Although phasing out S.R.S. will have benefits, the switch-over presents short-term challenges. For a start, it isn’t known how many agencies will actually report crime data in 2021 using the newer system.
The Bureau of Justice Statistics said in an email that the F.B.I. took a survey in April 2020 to determine how many agencies planned to make the transition: “The results of that survey indicated 75 percent of law enforcement agencies (representing 81 percent of the U.S. population) were committed to transitioning to NIBRS by the Jan. 1, 2021, deadline.”
That would be well below the roughly 90 percent of eligible agencies that annually report data under S.R.S., and it’s unclear how many agencies made the switch this year.
“Many police departments have not moved forward quickly enough to embrace the move to NIBRS,” Mr. Ratcliffe said. “I suspect this is due to a lack of knowledge about NIBRS, staffing challenges of the pandemic, and the impact of other more immediate pressures on police departments.”
The Bureau of Justice Statistics says it has “been working on a set of estimation procedures, with input and support from the F.B.I., to generate national crime statistics based on the reported NIBRS data.” Even in the best case, however, the number of murders reported nationally in 2021 will be much more of an estimate than we are generally used to, and it will be challenging to assess crime trends for the next few years.
Another reason it will be hard to compare crime statistics in 2021 with previous years is that eliminating the hierarchy rule will undoubtedly lead to an increase in the number of crimes reported.
This shouldn’t have much effect on the number of murders reported each year, because murder sits atop the hierarchy.

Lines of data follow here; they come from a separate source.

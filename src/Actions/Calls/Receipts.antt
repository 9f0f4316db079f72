-- ===== src/Actions/Calls/Receipts.antt =====
-- Receipts: what the service keeps of a write, after any further calls.
use agents_reality_layer.Prelude.{
  string_eq, pair_eq, String, Option, none, some, List, [], ◌∷◌, ◌≡◌, refl, sym, subst, ◌∙◌, ◌==◌,
  ==_iff, inl, inr, Bool-cases, arith,
}
use agents_reality_layer.Dict
use agents_reality_layer.Dict.Laws.{get-put}
use agents_reality_layer.Json.{Platform}
use agents_reality_layer.Errors.{ok}
use agents_reality_layer.WorldState.Models.{OrderState}
use agents_reality_layer.Actions.Models.{ExecutionReceipt}
use agents_reality_layer.Actions.Service.{
  StoredAction, ActionService, owned_action, append_event, set_status,
}
use agents_reality_layer.Actions.Service.Lifecycle.{propose_new}
use agents_reality_layer.Actions.Service.Execute.{execute}
use agents_reality_layer.Actions.Calls.{
  Call, System, Provider, step, run, Effect, same, moved, accepted, noted, created,
}
use agents_reality_layer.Actions.Calls.Effects.{step-Effect}
use agents_reality_layer.Actions.Calls.Owned.{owned_action_found, owned_action_intro}
use agents_reality_layer.Actions.Calls.Status.{Moved, kept, went, step-Moved, AllFresh}
use agents_reality_layer.Actions.Calls.Once.{execute_known, execute_keeps}

-- a receipt is never replaced
Effect-receipt :
    {py : Platform} {s : ActionService} {t hex : String} {s' : ActionService} {r : ExecutionReceipt}
    (k : String × String)
    → Effect py s t hex s'
    → Dict.get s.executions k ≡ some r
    → Dict.get s'.executions k ≡ some r
unfolding append_event set_status propose_new
Effect-receipt k same g = g
Effect-receipt k (moved j action status reason event_type role payload h e _) g = g
Effect-receipt {s = s} {t} k (accepted j action receipt h e n) g =
    elim (Bool-cases ((t, action.proposal.idempotency_key) == k)) [
      | inr m ↦ get-put s.executions (t, action.proposal.idempotency_key) k receipt ∙ rw m g
      | inl y ↦ absurd (
          let eq : (t, action.proposal.idempotency_key) ≡ k =
            (==_iff (t, action.proposal.idempotency_key) k).0 y in
          ground (arith, subst (λ x. Dict.get s.executions x ≡ none) eq n))
    ]
Effect-receipt k (noted j action payload h e) g = g
Effect-receipt k (created proposal role context fresh new _ _) g = g

-- The action is there, and its receipt is kept.
abbrev Held : ActionService → String → String → ExecutionReceipt → Type 0
Held s i t r =
    (a : StoredAction) × (owned_action s i t ≡ ok a)
    × (Dict.get s.executions (t, a.proposal.idempotency_key) ≡ some r)

-- a move keeps the tenant and the key
owned-Moved :
    (s s' : ActionService) (i t : String) {a b : StoredAction}
    → owned_action s i t ≡ ok a
    → Dict.get s'.actions i ≡ some b
    → Moved a b
    → (owned_action s' i t ≡ ok b) × (b.proposal.idempotency_key ≡ a.proposal.idempotency_key)
owned-Moved s s' i t h g kept = (owned_action_intro s' i t g (owned_action_found s i t h).1, refl)
owned-Moved s s' i t h g (went status reason e) =
    (owned_action_intro s' i t g (owned_action_found s i t h).1, refl)

module _ {W : Type 0} (py : Platform) (provider : Provider W) where
  -- the receipt of an action and the action itself outlive any run of calls
  run-Held :
      (y : System W) (calls : List Call) (i t : String) (r : ExecutionReceipt)
      → AllFresh py provider y calls
      → Held y.service i t r
      → Held (run py provider y calls).service i t r
  unfolding run
  run-Held y [] i t r new h = h
  run-Held y (c ∷ calls) i t r new (a, h, g) =
      let (b, found, m) =
        step-Moved py provider y c i new.0 (owned_action_found y.service i t h).0 in
      let (owned, key) = owned-Moved y.service (step py provider y c).service i t h found m in
      run-Held (step py provider y c) calls i t r new.1 (
        b,
        owned,
        Effect-receipt (t, b.proposal.idempotency_key)
            (step-Effect py y.service provider y.world c new.0)
            (subst (λ u. Dict.get y.service.executions (t, u) ≡ some r) (sym key) g),
      )

  -- Once `execute` has answered with a receipt, any further calls may follow, of any kind and of
  -- any tenant, whose new actions get fresh ids: an `execute` of the action after them answers with
  -- that receipt and changes neither the service nor the world, so it does not call the provider,
  -- whichever provider and state it is given.
  pub execute_once :
      (y : System W) (i t : String) (state state' : Option OrderState) (hex hex' : String)
      (provider' : Provider W) (calls : List Call) (r : ExecutionReceipt)
      → (execute py y.service i t provider state hex y.world).0 ≡ ok r
      → let y' = step py provider y (Call.execute i t state hex) in
        AllFresh py provider y' calls
        → execute py
            (run py provider y' calls).service
            i
            t
            provider'
            state'
            hex'
            (run py provider y' calls).world
          ≡ (ok r, (run py provider y' calls).service, (run py provider y' calls).world)
  unfolding step
  execute_once y i t state state' hex hex' provider' calls r h new =
      let y' = step py provider y (Call.execute i t state hex) in
      let (b, owned, held) =
        run-Held y' calls i t r new
          (execute_keeps py y.service i t provider state hex y.world r h) in
      execute_known py (run py provider y' calls).service i t provider' state' hex'
        (run py provider y' calls).world b r owned held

But there may be increases in other types of offenses that could create some misleading headlines.
The F.B.I. estimated in 2014 that 11 percent of all criminal episodes involved multiple offenses, and that converting to NIBRS would lead to a 2 percent increase in offenses.
The upside to the new system will be more insight into a wider array of crimes at both the local and national level. But the expected growing pains will occur during a period when reliable reporting of crime trends may be particularly relevant.